Состав ремонтной бригады остался неизменный и постоянный, как масса электрона или скорость света в вакууме. И мы, опять засучив рукава, сели на очередном военном совете.
А спешить то нам уже было абсолютно и некуда, по ряду объективных причин — до следующего отпуска целых 6-ть месяцев. За это время всю казарму можно было до фундамента разобрать и заново отстроить.
А самое главное — в государстве начиналась очередная борьба за качество, а так же, было объявлено о нетерпимости к показухе и очковтирательству. В стране начиналась перестройка, гласность и курс на дружбу с Западом.
В тоже время, на мировой арене намечалось радикально политическое потепление, и очередной глобальной войны из-за подрыва боеготовности Красной армии, по причине неисправного туалета в отдельностоящей казарме, можно было не опасаться.
20. Широкораскрытый рот
В нашей замечательной и дружной роте служили и учились ребята со всего бескрайнего Советского Союза. Это были времена, когда был жив лозунг, придуманный в недрах Главного политического управления Министерства обороны — Народ и армия едины! Поэтому, существовала строгая разнарядка о процентной составляющей в Красной армии для представителей различных народов, национальностей, малых народностей и даже — племен Крайнего Севера. Гребли и заманивали всех этих самых представителей, любой ценой, правдами и неправдами. Чтобы, со всей прямолинейной открытостью, авторитетно, чистосердечно и гордо заявить вероятному врагу-супостату, что в стране Советов и победившего социализма у всех и каждого, равные возможности.

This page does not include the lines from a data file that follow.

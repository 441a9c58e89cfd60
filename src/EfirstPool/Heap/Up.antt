-- ===== src/EfirstPool/Heap/Up.antt =====
-- src/margo-efirst-pool.c: the loop of `queue_push_prio`, which moves entries down to make room for
-- a new one.
use mochi_margo.Base.{
  ℕ, zero, suc, ◌/◌, ◌≤◌, ◌<◌, ◌≡◌, refl, ◌∙◌, inl, inr, ◌&&◌, Option, none, some, arith, ltb,
  if◌then◌else◌, update, Bool-cases,
}
use mochi_margo.EfirstPool.Heap.Order.{IsHeap, IsHeapBut}
use mochi_margo.EfirstPool.Heap.Count.{count, count-update}

module _ (key : ℕ → ℕ) where
  -- `while (index > 1 && priority < entries[index / 2]->priority)`, and the write behind it.
  unfoldable pub up_loop : ℕ → (ℕ → ℕ) → ℕ → ℕ → Option (ℕ → ℕ)
  up_loop zero e new_entry index = none
  up_loop (suc fuel) e new_entry index =
      let parent = index / 2 in
      let rest = up_loop fuel (update e index (e parent)) new_entry parent in
      if ltb 1 index && ltb (key new_entry) (key (e parent))
      then rest
      else some (update e index new_entry)

  -- Below the hole no key is below that of the new entry.
  abbrev IsUpper : ℕ → (ℕ → ℕ) → ℕ → ℕ → Type 0
  IsUpper i e n x = (c : ℕ) → c ≤ n → c / 2 ≡ i → key x ≤ key (e c)

  -- The heap that a loop leaves, with the same entries as before.
  pub record IsSifted (e : ℕ → ℕ) (n : ℕ) (r : ℕ → ℕ) : Type 0 where
    pub heap : IsHeap key r n
    pub kept : (a : ℕ) → count a r n ≡ count a e n

  rise_edges :
      (e : ℕ → ℕ) (n x i : ℕ)
      → IsHeapBut key i e n
      → IsUpper i e n x
      → 2 ≤ i
      → i ≤ n
      → key x < key (e (i / 2))
      → IsHeapBut key (i / 2) (update e i (e (i / 2))) n
        × IsUpper (i / 2) (update e i (e (i / 2))) n x
  rise_edges e n x i v u two inside below = (
    record {
      inside = omega arith;
      edges = λ c p q r s. ground (arith, v.edges c, v.bridged c);
      bridged = λ c q r s. ground (arith, v.edges c, v.edges (i / 2));
    },
    λ c q r. ground (arith, v.edges c),
  )

  settle :
      (e : ℕ → ℕ) (n x i : ℕ)
      → IsHeapBut key i e n
      → IsUpper i e n x
      → (2 ≤ i → key (e (i / 2)) ≤ key x)
      → IsHeap key (update e i x) n
  settle e n x i v u above c p q = ground (arith, v.edges c, u c)

  swap_count :
      (e : ℕ → ℕ) (n x i a : ℕ)
      → 2 ≤ i
      → i ≤ n
      → count a (update (update e i (e (i / 2))) (i / 2) x) n ≡ count a (update e i x) n
  swap_count e n x i a two inside = ground (
    arith,
    count-update a e n i x,
    count-update a e n i (e (i / 2)),
    count-update a (update e i (e (i / 2))) n (i / 2) x,
  )

  pub up_loop-IsSifted :
      (fuel : ℕ) (e : ℕ → ℕ) (n x i : ℕ)
      → i ≤ fuel
      → i ≤ n
      → IsHeapBut key i e n
      → IsUpper i e n x
      → (r : ℕ → ℕ) × (up_loop fuel e x i ≡ some r) × IsSifted (update e i x) n r
  unfolding up_loop
  up_loop-IsSifted zero e n x i f inside v u = absurd (omega (arith, v.inside))
  up_loop-IsSifted (suc fuel) e n x i f inside v u =
      elim (Bool-cases (ltb 1 i && ltb (key x) (key (e (i / 2))))) [
        | inr stop ↦ rw stop (
          update e i x,
          refl,
          record { heap = settle e n x i v u (λ two. ground arith); kept = λ a. refl },
        )
        | inl go ↦
            let two : 2 ≤ i = ground arith in
            let below : key x < key (e (i / 2)) = ground arith in
            let (v', u') = rise_edges e n x i v u two inside below in
            let (r, run, s) =
              up_loop-IsSifted fuel (update e i (e (i / 2))) n x (i / 2) (omega arith) (omega arith)
                v' u' in
            rw go (
              r,
              run,
              record { heap = s.heap; kept = λ a. s.kept a ∙ swap_count e n x i a two inside },
            )
      ]
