-- ===== src/EfirstPool/Heap/Down.antt =====
-- src/margo-efirst-pool.c: the loop of `queue_pop_prio`, which moves entries up until the last one
-- fits in.
use mochi_margo.Base.{
  ℕ, zero, suc, ◌+◌, ◌*◌, ◌/◌, ◌≤◌, ◌<◌, ◌≡◌, ◌⊎◌, refl, ◌∙◌, inl, inr, ◌&&◌, not, Option, none,
  some, arith, ltb, leb, ◌==◌, if◌then◌else◌, update, Bool-cases,
}
use mochi_margo.EfirstPool.Heap.Order.{IsHeap, IsHeapBut}
use mochi_margo.EfirstPool.Heap.Count.{count, count-update}
use mochi_margo.EfirstPool.Heap.Up.{IsSifted}

module _ (key : ℕ → ℕ) where
  -- The child of `index` with the lesser key, the left one if they are equal or there is no other.
  unfoldable pub lesser_child : (ℕ → ℕ) → (size index : ℕ) → ℕ
  lesser_child e size index =
      let child = index * 2 in
      if not (child == size) && ltb (key (e (child + 1))) (key (e child)) then child + 1 else child

  -- `while (index * 2 <= size)`, and the write behind it.
  unfoldable pub down_loop : ℕ → (ℕ → ℕ) → (size last_entry index : ℕ) → Option (ℕ → ℕ)
  down_loop zero e size last_entry index = none
  down_loop (suc fuel) e size last_entry index =
      let child = lesser_child e size index in
      let rest = down_loop fuel (update e index (e child)) size last_entry child in
      if leb (index * 2) size && ltb (key (e child)) (key last_entry)
      then rest
      else some (update e index last_entry)

  -- Of the children of i, m has the least key.
  record IsLesser (e : ℕ → ℕ) (n i m : ℕ) : Type 0 where
    inside : m ≤ n
    child : m / 2 ≡ i
    above : i < m
    least : (c : ℕ) → 2 ≤ c → c ≤ n → c / 2 ≡ i → key (e m) ≤ key (e c)

  either_child : (c i : ℕ) → c / 2 ≡ i → (c ≡ i * 2) ⊎ (c ≡ i * 2 + 1)
  either_child c i s = grind arith

  lesser_child-least :
      (e : ℕ → ℕ) (n i c : ℕ)
      → i * 2 ≤ n
      → c ≤ n
      → c / 2 ≡ i
      → key (e (lesser_child e n i)) ≤ key (e c)
  unfolding lesser_child
  lesser_child-least e n i c q r s = elim (either_child c i s) [
    | inl left ↦ rw left (ground arith)
    | inr right ↦ rw right (ground arith)
  ]

  lesser_child-IsLesser :
      (e : ℕ → ℕ) (n i : ℕ) → 1 ≤ i → i * 2 ≤ n → IsLesser e n i (lesser_child e n i)
  unfolding lesser_child
  lesser_child-IsLesser e n i p q = record {
    inside = ground arith;
    child = ground arith;
    above = ground arith;
    least = λ c two r s. lesser_child-least e n i c q r s;
  }

  -- The entry above the hole is in order with the last entry.
  abbrev IsLower : ℕ → (ℕ → ℕ) → ℕ → Type 0
  IsLower i e x = 2 ≤ i → key (e (i / 2)) ≤ key x

  sink_edges :
      (e : ℕ → ℕ) (n x i m : ℕ)
      → IsHeapBut key i e n
      → IsLesser e n i m
      → key (e m) ≤ key x
      → IsHeapBut key m (update e i (e m)) n × IsLower m (update e i (e m)) x
  sink_edges e n x i m v l below = (
    record {
      inside = omega (arith, l.above);
      edges = λ c p q r s.
          ground (arith, v.edges c, v.bridged m, l.least c, l.inside, l.child, l.above);
      bridged = λ c q r s. ground (arith, v.edges c, l.inside, l.child, l.above);
    },
    λ two. ground (arith, l.child),
  )

  settle :
      (e : ℕ → ℕ) (n x i : ℕ)
      → IsHeapBut key i e n
      → IsLower i e x
      → ((c : ℕ) → 2 ≤ c → c ≤ n → c / 2 ≡ i → key x ≤ key (e c))
      → IsHeap key (update e i x) n
  settle e n x i v low children c p q = ground (arith, v.edges c, low, children c)

  swap_count :
      (e : ℕ → ℕ) (n x i m a : ℕ)
      → 1 ≤ i
      → i < m
      → m ≤ n
      → count a (update (update e i (e m)) m x) n ≡ count a (update e i x) n
  swap_count e n x i m a one above inside = ground (
    arith,
    count-update a e n i x,
    count-update a e n i (e m),
    count-update a (update e i (e m)) n m x,
  )

  pub down_loop-IsSifted :
      (fuel : ℕ) (e : ℕ → ℕ) (n x i : ℕ)
      → i ≤ n + 1
      → n + 1 < i + fuel
      → IsHeapBut key i e n
      → IsLower i e x
      → (r : ℕ → ℕ) × (down_loop fuel e n x i ≡ some r) × IsSifted key (update e i x) n r
  unfolding down_loop
  down_loop-IsSifted zero e n x i h f v low = absurd (omega arith)
  down_loop-IsSifted (suc fuel) e n x i h f v low =
      let m = lesser_child e n i in
      elim (Bool-cases (leb (i * 2) n && ltb (key (e m)) (key x))) [
        | inr stop ↦ rw stop (
          update e i x,
          refl,
          record {
            heap = settle e n x i v low (λ c p q r. ground (arith, lesser_child-least e n i c));
            kept = λ a. refl;
          },
        )
        | inl go ↦
            let two : i * 2 ≤ n = ground arith in
            let below : key (e m) ≤ key x = ground arith in
            let l = lesser_child-IsLesser e n i v.inside two in
            let (v', low') = sink_edges e n x i m v l below in
            let (r, run, s) =
              down_loop-IsSifted fuel (update e i (e m)) n x m (omega (arith, l.inside))
                (omega (arith, l.above)) v' low' in
            rw go (
              r,
              run,
              record {
                heap = s.heap;
                kept = λ a. s.kept a ∙ swap_count e n x i m a v.inside l.above l.inside;
              },
            )
      ]
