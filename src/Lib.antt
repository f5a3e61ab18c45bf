-- ===== src/Lib.antt =====
-- A verification library for the programs of this repository: small C programs that share no code.
-- Each is modelled in a module of its own over `Base`.
--
-- Base: the names that all modules share; Boolean tests on native numbers (Base/Tests), C arrays
-- and strings as lists (Base/Lists), machine words with their wrap-around (Base/Word), and laws of
-- the bit operations (Base/Bits, Base/Bits/Xor).
--
-- Mips: the assembler and disassembler of `MIPS Convertor/`.
--   Mips/Isa       include/instruction.h and src/instr_table.c: enumerations, structures, tables
--   Mips/Encode    encode of src/hw1.c, Mips/Decode decode, Mips/Endian bigEndian
--   Mips/Text      the string helpers of src/hw1.c, Mips/Args its validargs
--   Mips/Main      the loops of src/main.c for -a and -d
--   The main loops call encode and decode on one instruction at a time; validargs gives them the
--   start address and the byte order. An int and an unsigned int are bit patterns below 2 ^ 32; a
--   struct that the code changes through a pointer is passed on as a value. sscanf is a parameter.
--   Standard input and output are lists. The loops are recursions on their input, with no fuel.
--   Mips/Fields and Mips/RoundTrip hold what is shown of encode with decode; Mips/Main/Laws,
--   Mips/Rejects and Mips/Args/Options what is shown of the loops and of validargs.
--
-- Audible: the recoder of Sun audio streams of `audible/`.
--   Audible/Options   validargs of src/hw1.c with its helpers, over the 64-bit global_options
--   Audible/Stream    readBytes, writeBytes and the functions on headers, annotations and frames
--   Audible/Crypt     src/myrand.c, and the part of recode for -c
--   Audible/Speed     the part of recode for -u
--   Standard input is a list of bytes. Whether putchar returns EOF is a parameter. The buffers of
--   frames are the int that the code reads and writes of them. A shift of an int takes its count
--   modulo 32, as the machine does; the language leaves it undefined. The part of recode for -d
--   and the change of the annotation are not modelled.
--
-- Imprimer: the terminal multiplexer of `imprimer/`.
--   Imprimer/Vscreen   src/vscreen.c: the screen as a record, the curses calls as a list
--   Imprimer/Session   src/session.c: the table of sessions and session_init in the parent
--   isprint is a parameter; the numbers of lines and columns and the results of posix_openpt and
--   fork are arguments. The main loop is input and output, and is not modelled.
--
-- Spooler: the print spooler of `Printer Spooler/`.
--   Spooler/Printers   src/printer.c, Spooler/Jobs src/job.c, Spooler/Types src/list.c
--   Spooler/Search     look, backtrack and bfs of src/list.c
--   Spooler/Text, Spooler/Commands   src/main.c: tokens and numbers; print, find_bfs, process_print,
--     the part of fork_conv of the main process, and the commands (Spooler/Commands/Mode)
--   A linked list is a list, a pointer into one is the element that it points to, and a chosen
--   printer is the number of a printer. An access to freed memory is an outcome of its own;
--   so is a crash, which is a write past the 128 entries of queue or result of the search or the use
--   of a NULL pointer. Printed status lines are left out. One call for each type and one more are enough fuel for the search,
--   since each call that goes on visits a type (Spooler/Search/Fuel). process_print has fuel for a
--   walk over the jobs for each queued one and one more (Spooler/Commands/Printing), and the arrays
--   have room for it within the bounds of Spooler/Commands/Room. The clock and
--   WIFEXITED are arguments. The child processes, the options and the reading of lines are not modelled.
--
-- Xacto: the transactional store of `xacto/`.
--   Xacto/Registry      src/client_registry.c: what runs under the mutex is one step; in
--     creg_unregister the test of val and the V are steps of their own
--   Xacto/Protocol      src/protocol.c, over rio_writen and rio_readn of csapp.c as parameters
--   Xacto/Transaction   src/transaction.c: a heap of transactions; each function runs alone
--   Xacto/Data          src/data.c: blobs and keys
--   Xacto/Service       src/server.c with the stubs of src/store.c: the service of one client
--   The service calls the protocol for packets, the transactions for the one that it holds, and the
--   registry. Its inbox is what the calls of proto_recv_packet give; each round takes a packet, so that
--   one round more than there are packets is enough fuel. store_show of src/store.c, which does not
--   compile as it stands, is an argument: whether a call of it returns. The interleavings of the
--   threads at work on the registry are a step relation (Xacto/Registry/Count). Versions, and threads that run between the steps of a commit, are
--   not modelled; src/main.c is sockets, signals and threads.
--
-- Snarf: the HTTP client of `snarf/`.
--   Snarf/Strings   the functions of the C library that it uses
--   Snarf/Url       src/url.c, Snarf/Http src/http.c
--   The stream of a connection is the bytes sent and the bytes that the server will still send. What
--   sscanf reads of the status line, the result of gethostbyname and whether a write fails are
--   parameters. Memory is taken to be there. The length of the input is the fuel of the loop over
--   header lines, each of which has a byte. src/args.c and src/snarf.c are getopt, files and output.
--
-- Grades: the grade book of `grades/`.
--   Grades/Records, Grades/Read   include/gradedb.h, src/read.c and the counts of src/error.c: the
--     reader of course files, with the token buffer, the file that is read and the files below it
--   Grades/Write      src/write.c: the text of a course
--   Grades/RoundTrip  what is written is read; a word that is too long; LINEAR
--   Grades/Sort       src/sort.c: the sort of a roster, for any comparison, and two comparisons
--   A file is the list of its bytes; opening files, floats, sscanf and printf are parameters, and so
--   is what malloc gives for an assignment and a score. fatal, a write past the token buffer and the
--   end of the fuel are three ways to stop. Each call of a reader of a list takes one of the fuel, and
--   six more than the length of the file are enough (Grades/RoundTrip/File); a file that includes
--   itself is read for ever. A table of pointers is a list. The fuel of sorttable is the depth of its
--   calls; a call whose partition puts no student low calls itself on the same range, and two calls
--   for each student are enough (Grades/Sort/Rounds, Grades/Sort/Sorted). The statistics, the reports
--   and the options of the program compute with floating point numbers and print, and are not modelled.
--
-- Not modelled: sfmm; bavarde, budmm and Intro, which are stubs
-- or examples; csapp.c, which is third-party code; the test suites.
pub mod Base
pub mod Mips
pub mod Imprimer
pub mod Spooler
pub mod Audible
pub mod Xacto
pub mod Snarf
pub mod Grades
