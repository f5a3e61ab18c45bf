-- ===== src/Audible.antt =====
-- The audio recoder of `audible/`: its options, the header and annotation of a Sun audio stream,
-- its frames, the pseudorandom numbers, the encryption of frames and the choice of frames for -u.
pub mod Options
pub mod Stream
pub mod Crypt
pub mod Speed
mod Tests
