-- ===== src/Base/Word.antt =====
-- 32-bit words. An `int` and an `unsigned int` are both held as a bit pattern below 2 ^ 32; the
-- operations differ only in how they shift right and compare.
use Prim.Native.Nat.{ℕ, ◌+◌, ◌-◌, ◌*◌, ◌/◌, ◌%◌, ◌^◌, compare, Ordering}
use mathlib.Core.Bool.{Bool, true, false}

abbrev pub u32 : ℕ → ℕ
u32 n = n % 2 ^ 32

abbrev pub u64 : ℕ → ℕ
u64 n = n % 2 ^ 64

abbrev pub u8 : ℕ → ℕ
u8 n = n % 2 ^ 8

-- `x << k` and `x >> k` on `unsigned int`.
infixl 75 ◌<<◌ ◌>>◌
abbrev pub ◌<<◌ : ℕ → ℕ → ℕ
x << k = u32 (x * 2 ^ k)

abbrev pub ◌>>◌ : ℕ → ℕ → ℕ
x >> k = x / 2 ^ k

-- Is the `int` with this pattern negative?
abbrev pub is_neg : ℕ → Bool
is_neg x = elim (compare x (2 ^ 31)) [ Ordering.lt ↦ false | _ ↦ true ]

-- `x >> k` on `int`, which repeats the sign.
abbrev pub sar : ℕ → ℕ → ℕ
sar x k = elim (is_neg x) [ false ↦ x / 2 ^ k | true ↦ x / 2 ^ k + (2 ^ 32 - 2 ^ (32 - k)) ]

-- Addition and subtraction, which wrap. `-` on ℕ stops at 0, so the modulus comes first.
infixl 65 ◌+w◌ ◌-w◌
abbrev pub ◌+w◌ : ℕ → ℕ → ℕ
a +w b = u32 (a + b)

abbrev pub ◌-w◌ : ℕ → ℕ → ℕ
a -w b = u32 (a + 2 ^ 32 - b)
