-- ===== src/Audible/Stream.antt =====
-- Bytes in and out, of `audible/src/hw1.c`. Standard input is the list of the bytes still to come;
-- `fails` says whether `putchar` returns EOF for a byte after the output so far.
pub mod RoundTrip
pub mod Annotation
use cse.Base.{
  ℕ, zero, suc, ◌+◌, ◌-◌, ◌*◌, ◌%◌, Bool, true, false, not, ◌&&◌, ◌||◌, List, [], ◌∷◌, ◌++◌, ◌==◌,
  ltb, if◌then◌else◌, bit_or,
}
use cse.Base.Word.{u8, u32, ◌<<◌, ◌>>◌, sar, ◌-w◌}

-- `struct audio_header`
pub record AudioHeader : Type 0 where
  pub magic_number : ℕ
  pub data_offset : ℕ
  pub data_size : ℕ
  pub encoding : ℕ
  pub sample_rate : ℕ
  pub channels : ℕ

-- The loop of `readBytes`, with the rounds still to do.
unfoldable pub read_loop : ℕ → ℕ → List ℕ → Bool × ℕ × List ℕ
read_loop zero hp input = (true, hp, input)
read_loop (suc n) hp [] = (false, hp << 8, [])
read_loop (suc n) hp (temp ∷ input) = read_loop n (bit_or (hp << 8) temp) input

unfoldable pub read_bytes : ℕ → List ℕ → Bool × ℕ × List ℕ
read_bytes hp input = read_loop 4 hp input

-- The fields in the order of the reads, up to the first that fails.
unfoldable pub read_fields : AudioHeader → List ℕ → Bool × AudioHeader × List ℕ
read_fields hp input =
    let (ok_magic, magic, in1) = read_bytes hp.magic_number input in
    let (ok_offset, offset, in2) = read_bytes hp.data_offset in1 in
    let (ok_size, size, in3) = read_bytes hp.data_size in2 in
    let (ok_encoding, encoding, in4) = read_bytes hp.encoding in3 in
    let (ok_rate, rate, in5) = read_bytes hp.sample_rate in4 in
    let (ok_channels, channels, in6) = read_bytes hp.channels in5 in
    let hp1 = record hp { magic_number = magic } in
    let hp2 = record hp1 { data_offset = offset } in
    let hp3 = record hp2 { data_size = size } in
    let hp4 = record hp3 { encoding = encoding } in
    let hp5 = record hp4 { sample_rate = rate } in
    let hp6 = record hp5 { channels = channels } in
    if not ok_magic
    then (false, hp1, in1)
    else if not ok_offset
    then (false, hp2, in2)
    else if not ok_size
    then (false, hp3, in3)
    else if not ok_encoding
    then (false, hp4, in4)
    else if not ok_rate
    then (false, hp5, in5)
    else (ok_channels, hp6, in6)

-- The checks of `read_header` on the fields.
unfoldable pub is_valid : AudioHeader → Bool
is_valid hp =
    hp.magic_number == 0x2e736e64
    && (hp.data_offset % 8 == 0)
    && (hp.encoding == 2 || hp.encoding == 3 || hp.encoding == 4 || hp.encoding == 5)
    && (hp.channels == 1 || hp.channels == 2)

unfoldable pub read_header : AudioHeader → List ℕ → Bool × AudioHeader × List ℕ
read_header hp input = let (ok, hp', rest) = read_fields hp input in (ok && is_valid hp', hp', rest)

-- The loop of `read_annotation`, with the bytes still to read: the bytes it stores.
unfoldable pub annotation_loop : ℕ → List ℕ → Bool × List ℕ × List ℕ
annotation_loop zero input = (true, [], input)
annotation_loop (suc n) [] = (false, [], [])
annotation_loop (suc n) (temp ∷ input) =
    let (ok, ap, rest) = annotation_loop n input in
    if n == 0 && not (temp == 0) then (false, [], input) else (ok, temp ∷ ap, rest)

unfoldable pub read_annotation : ℕ → List ℕ → Bool × List ℕ × List ℕ
read_annotation size input =
    let done = annotation_loop size input in if ltb 1023 size then (false, [], input) else done

-- `read_frame` with the bytes still to read: the int that the buffer starts with.
unfoldable pub frame_loop : ℕ → ℕ → List ℕ → Bool × ℕ × List ℕ
frame_loop zero fp input = (true, fp, input)
frame_loop (suc n) fp [] = (false, fp, [])
frame_loop (suc n) fp (temp ∷ input) = frame_loop n (bit_or (fp << 8) temp) input

unfoldable pub read_frame : ℕ → ℕ → ℕ → List ℕ → Bool × ℕ × List ℕ
read_frame fp channels bytes_per_sample input = frame_loop (channels * bytes_per_sample) fp input

-- The bytes that `write_frame` puts, from byte n - 1 down to byte 0 of the int. The machine takes
-- a shift count of an int modulo 32.
unfoldable pub frame_bytes : ℕ → ℕ → List ℕ
frame_bytes zero fp = []
frame_bytes (suc i) fp = u8 (sar fp (i * 8 % 32)) ∷ frame_bytes i fp

module _ (fails : List ℕ → ℕ → Bool) where
  -- `putchar` of each value in turn, up to the first that fails.
  unfoldable pub put_all : List ℕ → List ℕ → Bool × List ℕ
  put_all [] out = (true, out)
  put_all (c ∷ cs) out =
      let rest = put_all cs (out ++ (u8 c ∷ [])) in if fails out (u8 c) then (false, out) else rest

  unfoldable pub write_bytes : ℕ → List ℕ → Bool × List ℕ
  write_bytes val out = put_all (val >> 24 ∷ val >> 16 ∷ val >> 8 ∷ val ∷ []) out

  unfoldable pub write_fields : List ℕ → List ℕ → Bool × List ℕ
  write_fields [] out = (true, out)
  write_fields (val ∷ vals) out =
      let (ok, out') = write_bytes val out in
      let rest = write_fields vals out' in if ok then rest else (false, out')

  unfoldable pub write_header : AudioHeader → List ℕ → Bool × List ℕ
  write_header hp out =
      write_fields
        (hp.magic_number ∷ hp.data_offset ∷ hp.data_size ∷ hp.encoding ∷ hp.sample_rate
          ∷ hp.channels ∷ [])
        out

  -- `write_annotation` does not look at the result of `putchar`.
  unfoldable pub write_annotation : List ℕ → List ℕ → Bool × List ℕ
  write_annotation [] out = (true, out)
  write_annotation (c ∷ ap) out =
      write_annotation ap (if fails out (u8 c) then out else out ++ (u8 c ∷ []))

  unfoldable pub write_frame : ℕ → ℕ → ℕ → List ℕ → Bool × List ℕ
  write_frame fp channels bytes_per_sample out =
      put_all (frame_bytes (channels * bytes_per_sample) fp) out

Хочешь стать элитой общества — податься в офицеры?! Да, легко, пожалуйста! Дорога открыта для любого гражданина СССР. Все многонациональное население нашей необъятной родины имеет честь и желание служить в Красной армии, и с радостью и энтузиазмом защищает завоевания Великого Октября. Ну вот, что-то такое, вроде как похоже. Достаточно близко к тексту пропагандисткой брошюрки ГЛАВПУРа.
Поэтому и весь личный состав нашей роты был компактной моделью всего нашего государства — идеальная министрана, вся такая же многонациональная и многоязычная, многоликая и разношерстная. Частенько, некоторым курсантам приходилось язык свой государственный, вплоть до самого выпуска из училища, будучи офицерами золотопогонными, учить и бесконечно шлифовать и совершенствовать. Ну, не знали они этого языка, не пользовались им никогда и даже не догадывались о его существовании. Не нужен в высоких горах и бескрайних степях, этот самый великий и могучий русский язык — язык Пушкина и Толстого, Лермонтова и Есенина, общегосударственный язык, наконец — общепринятый стандартный язык отцов-командиров.
И такие доклады дневального по телефону, как этот, были, совсем не редкость. Притом, что абонент был уже на втором курсе обучения.
— Дню-валл-ный — Тум-бала-бочка! Мыш-ка Холлм-на-заров, слюш-хает! Тю-ба, тю-ба говно-рил-ка! Чам-вон хо-тиш! А?! Чур-ка ну-рус-кая! Да?!